Way back like 8 or 9 years ago - I analyzed Seattle housing data and got a few job offers along the way from doing it.
What I did was scrape housing data from Craigslist and plotted a regression model to figure out which neighborhoods were most expensive. Then everyone on Hackernew and Reddit used it as way to complain about housing.
But part of the reason why I couldn’t practically use the model to find good deals was because very important features about an apartment were rather difficult to extract.
For example, my goal was to build an apartment alerter that would email / text me whenever a new listing that fulfilled my base criteria was posted on Craigslist* and was “undervalued” by my regression model. But what would happen is that I would only get emails for rather shiity looking old apartments because I couldn’t featurize some of the nuances that make finding a good deal on an apartment, an actual good deal!
So how have things changed now with AI?
Well analyzing images is still hard. I didn’t put any effort into doing so even if it’s doable now in 2023?* But what is completely possible now is abstracting away some of the advanced natural language processing.
For example, before generative AI, if I wanted to see if an apartment listing had natural lighting - I would likely do a lot of research on advanced NLP, trying to find contextual or semantic meaning within the text, and at the end a long day likely would just manually combing through a long list of keywords that were related to “natural lighting” in hopes it would catch everything.
However now with ChatGPT - I can just give it a prompt to classify the entirety of the text for me into pre-defined features that I care about.
And here were the results:
It’s incredible how much context and power ChatGPT has when you give it parameters for what you want. It is effectively giving me the nuance that isn’t exactly built into Craigslist yet (or never will be). While a lot of this exists in the filters, I still can’t just search “natural lighting” into Craigslist and get all the apartments that fulfill this criteria. But if I scrape Craigslist and apply a long list of feature parameters on each listing, I can get the results I want.
So next step was to naturally get the feature set into a JSON format. I set up my prompt to be more specific this time.
You are given raw text from an apartment listing online. Please extract features from the apartment listings text and return a JSON. In the feature list below to the right of the arrow (->) is the description of the field and example output values.
qualities = ['price', 'available_date', 'number_of_bedrooms', 'number_of_bathrooms', 'apartment_address', 'house_type', 'natural_lighting', 'natural_lighting_evidence', 'modern', 'modern_evidence', 'laundry', 'laundry_evidence', 'hardwood_floors', 'square_footage', 'large_space', 'large_space_evidence', 'parking', 'parking_cost', 'parking_evidence', utilities_included', 'sublease_ability', 'initial_lease_term', 'patio']
Additionally I asked ChatGPT to provide “evidence” of the features that I wanted. For example, for something like natural lighting I specify the prompt below:
Natural Lighting -> (Yes or No) boolean. A unit has natural lighting if it's mentioned in the listing. Additional features would be if the unit is described as bright or has south facing windows which means that it gets more sunlight.
Natural Lighting Evidence -> String field. Add in any language, words, or phrases in the ad that help indicate if the unit has natural lighting or not. Example phrases like "Front of a window" or "dual paned windows" or "large living room" are not evidence of natural lighting.
I made a script to scrape Craigslist and then classify each listing within the area that I wanted to live in San Francisco.

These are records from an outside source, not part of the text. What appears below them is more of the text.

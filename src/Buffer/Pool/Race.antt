-- ===== src/Buffer/Pool/Race.antt =====
-- A `delete_page` of src/buffer/bpm.rs whose page is loaded again before the request is sent.
use oxtub.Base.{ℕ, ◌≡◌, refl, sym, subst, ◌∙◌, false, none, some, List, ok, get_elem?, set}
use oxtub.Base.Assoc.{get, get-remove_self, remove as remove_key}
use oxtub.Buffer.Pool.Defs.{
  BufferPool, DiskScheduler, FrameMeta, Page, empty_frame, send_delete, reset,
}
use oxtub.Buffer.Pool.Invariant.{PoolInv, FrameInv}
use oxtub.Buffer.Pool.Store.{DiskLaws}
use oxtub.Buffer.Pool.Views.{view, view_loaded, view_stored, frame_page}

module _ {B D : Type 0} {scheduler : DiskScheduler B D} (laws : DiskLaws B D scheduler) where
  empty_frame-clean :
      (s : BufferPool B D) (p f : ℕ) (m : FrameMeta) (page : Page B)
      → get_elem? s.frame_metas f ≡ some m
      → get_elem? s.frames f ≡ some page
      → m.page_id ≡ some p
      → m.is_dirty ≡ false
      → (u : BufferPool B D) × (empty_frame scheduler f s ≡ some (ok f, u))
        × (u.page_table ≡ remove_key p s.page_table)
        × (u.disk_scheduler ≡ s.disk_scheduler)
  empty_frame-clean s p f m page at at' id clean = (
    record s { page_table = remove_key p s.page_table; frame_metas = set s.frame_metas f reset },
    simp (at, id, at', clean),
    refl,
    refl,
  )

  -- In a pool in order, the request to delete a page that is in memory and not dirty leaves its bytes
  -- in the frame and nothing on disk. The eviction of the frame then writes nothing, and the page, which
  -- was there for every client until then, is gone.
  pub send_delete-loses :
      (s : BufferPool B D) (gs : List ℕ) (p f : ℕ) (m : FrameMeta)
      → PoolInv laws s gs
      → get p s.page_table ≡ some f
      → get_elem? s.frame_metas f ≡ some m
      → m.is_dirty ≡ false
      → (b : B) × (u : BufferPool B D) × (view laws s p ≡ some b)
        × (laws.stored s.disk_scheduler p ≡ some b)
        × (view laws (send_delete scheduler p s) p ≡ some b)
        × (laws.stored (send_delete scheduler p s).disk_scheduler p ≡ none)
        × (empty_frame scheduler f (send_delete scheduler p s) ≡ some (ok f, u))
        × (view laws u p ≡ none)
  send_delete-loses s gs p f m v loaded at clean =
      let (page, at', _) = frame_page laws s gs f m v at in
      let (n, at_n, id_n) = v.entry p f loaded in
      let id : m.page_id ≡ some p = cc (at, at_n, id_n) in
      let t = send_delete scheduler p s in
      let gone = laws.delete_gone p s.disk_scheduler v.good in
      let (u, runs, table, disk) = empty_frame-clean t p f m page at at' id clean in
      let on_disk =
        (subst
            (λ o.
              FrameInv laws o m.pin_count m.is_dirty page.bytes (get f s.replacer.nodes)
                s.disk_scheduler)
            id (v.frame f m page at at')).2
          clean in
      (
        page.bytes,
        u,
        view_loaded laws s p f page loaded at',
        on_disk,
        view_loaded laws t p f page loaded at',
        gone,
        runs,
        view_stored laws u p
              (subst (λ x. get p x ≡ none) (sym table) (get-remove_self p s.page_table v.distinct))
            ∙ subst (λ d. laws.stored d p ≡ none) (sym disk) gone,
      )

But turns out - if you run a prompt against every single listing……it’s very slow. Not sure if this is solvable. I haven’t seen anything on the internet yet about improving the speed times here, especially if it’s not parallelized. Moreover OpenAI’s servers would almost always crash if it there were more than 100+ listings to analyze.

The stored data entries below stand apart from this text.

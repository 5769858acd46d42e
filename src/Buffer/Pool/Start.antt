-- ===== src/Buffer/Pool/Start.antt =====
-- `new` of src/buffer/bpm.rs: the pool that it starts with.
use oxtub.Base.{
  get_elem?-lt, ℕ, zero, suc, ◌+◌, ◌≤◌, ◌<◌, ◌≡◌, refl, ap, sym, subst, ◌∙◌, inl, inr, none, some,
  [], get_elem?, length, arith, Has, All-Has, Bool-cases, ◌==◌, eq_of_==,
}
use oxtub.Base.Assoc.{get}
use oxtub.Buffer.Pool.Defs.{
  BufferPool, DiskScheduler, FrameMeta, reset, repeat, range, new, invalid_page_id,
}
use oxtub.Buffer.Pool.Frames.{get_elem?-repeat, length-repeat, range-All}
use oxtub.Buffer.Pool.Invariant.{PoolInv, FrameInv, Unique}
use oxtub.Buffer.Pool.Store.{DiskLaws}
use oxtub.Buffer.Pool.Views.{view}
use oxtub.Buffer.Replacer.Defs.{LruKReplacer}
use oxtub.Buffer.Replacer.Defs as Replacer
use oxtub.Buffer.Replacer.Invariant.{Inv, new-Inv}

range-Has : (start n f : ℕ) → Has f (range start n) → (start ≤ f) × (f < start + n)
range-Has start n f h =
    All-Has (λ g. (start ≤ g) × (g < start + n)) (range start n) f (range-All start n) h

range-Unique : (start n : ℕ) → Unique (range start n)
range-Unique start zero = tt
range-Unique start (suc n) =
    (λ h. absurd (omega (arith, (range-Has (suc start) n start h).0)), range-Unique (suc start) n)

Has-range : (start n f : ℕ) → start ≤ f → f < start + n → Has f (range start n)
Has-range start zero f h h' = absurd (omega arith)
Has-range start (suc n) f h h' = elim (Bool-cases (start == f)) [
  | inl here ↦ inl (eq_of_== start f here)
  | inr there ↦ inr (Has-range (suc start) n f (ground arith) (omega arith))
]

module _ {B D : Type 0} {scheduler : DiskScheduler B D} (laws : DiskLaws B D scheduler) where
  abbrev pub started : ℕ → B → D → LruKReplacer → BufferPool B D
  started n zeroes d r = record {
    page_table = [];
    frame_metas = repeat n reset;
    free_list = range 0 n;
    replacer = r;
    next_page_id = invalid_page_id + 1;
    frames = repeat n (record { page_id = none; bytes = zeroes });
    disk_scheduler = d;
  }

  started-Inv :
      (n : ℕ) (zeroes : B) (d : D) (r : LruKReplacer)
      → laws.Good d
      → Inv r
      → r.nodes ≡ []
      → r.replacer_size ≡ n
      → PoolInv laws (started n zeroes d r) []
  started-Inv n zeroes d r good inv empty size = record {
    replacer = inv;
    metas_size = length-repeat n reset ∙ sym size;
    frames_size = length-repeat n (record { page_id = none; bytes = zeroes }) ∙ sym size;
    distinct = tt;
    good = good;
    entry = λ p f h. absurd (cc h);
    back = λ p f m at id. absurd (cc (sym (page_id_of f m at) ∙ id));
    frame = λ f m page at at'.
        subst
          (λ (x : FrameMeta).
            FrameInv laws x.page_id x.pin_count x.is_dirty page.bytes (get f r.nodes) d)
          (sym (get_elem?-repeat n f reset m at)) (refl, ap (get f) empty);
    pins = λ f m at. ap FrameMeta.pin_count (get_elem?-repeat n f reset m at);
    guards = λ f h. absurd (omega (arith, h));
    blank = λ f h.
        let (m, at) =
          get_elem?-lt (repeat n reset) f
            (omega (arith, (range-Has 0 n f h).1, length-repeat n reset)) in
        (m, at, page_id_of f m at);
    unique = range-Unique 0 n;
  }
    where
      page_id_of :
          (f : ℕ) (m : FrameMeta) → get_elem? (repeat n reset) f ≡ some m → m.page_id ≡ none
      page_id_of f m at = ap FrameMeta.page_id (get_elem?-repeat n f reset m at)

  abbrev pub fresh : ℕ → LruKReplacer
  fresh n = record { nodes = []; current_timestamp = 0; curr_size = 0; replacer_size = n; k = 2 }

  -- On a disk in order, `new` returns for any size: the pool is in order and shows the pages of the
  -- disk, no page is loaded, each of its frames is free, and the first page id it gives out is the one
  -- after the invalid one.
  pub new-refines :
      (n : ℕ) (zeroes : B) (d : D)
      → laws.Good d
      → (s : BufferPool B D) × (new n zeroes d ≡ some s)
        × PoolInv laws s []
        × ((q : ℕ) → view laws s q ≡ laws.stored d q)
        × ((q : ℕ) → get q s.page_table ≡ none)
        × (length s.frames ≡ n)
        × ((f : ℕ) → f < n → Has f s.free_list)
        × (s.next_page_id ≡ invalid_page_id + 1)
  unfolding new Replacer.new view
  new-refines n zeroes d good = (
    started n zeroes d (fresh n),
    refl,
    started-Inv n zeroes d (fresh n) good (new-Inv n 2 (fresh n) refl) refl refl,
    λ q. refl,
    λ q. refl,
    length-repeat n (record { page_id = none; bytes = zeroes }),
    λ f h. Has-range 0 n f (omega arith) (omega arith),
    refl,
  )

Welp - there goes 53 cents. I guess I should have stored the outputs more often.
I ended up quitting the project after this. I think it’s still interesting but the effort involved in building it wasn’t exactly less than the effort of just checking Craigslist or Zillow for 15 minutes a day for one or two weeks.
But if anyone else wants to continue the project and build something for their portfolio - I’d be happy to give you my source code + prompts.
Concluding Thoughts
Lastly - while I think this is a more fun project rather than monetizable one - I do think there is value added building projects using ChatGPT not in the traditional way of AI responses but through feature engineering.
Most AI projects that I hear about are generally modeled through paying for AI generated responses. This framework instead takes the idea that maybe AI can be used to embellish existing datasets, classify new ones, or create new feature parameters that can then be turned into proprietary models that can be sold.
Would love to hear any opinions here.
FYI - if this post gets any traction - I’ll do part 2 on “How to find the most optimal neighborhood in SF”.
Remember the housing crisis circa 2014 / 2015 when you had to show up to an apartment with an entire printed out credit report, pre-signed blank check security deposit, letter of recommendation from your Ivy League professor, and wholesale dedication towards paying more than any other schmuchk there?
What’s the state of computer vision now in 2023? I’m guessing that if I had 1000+ apartments and I manually labeled them shitty vs not shitty, maybe it could do a good job detecting this in the future? But who has time for that.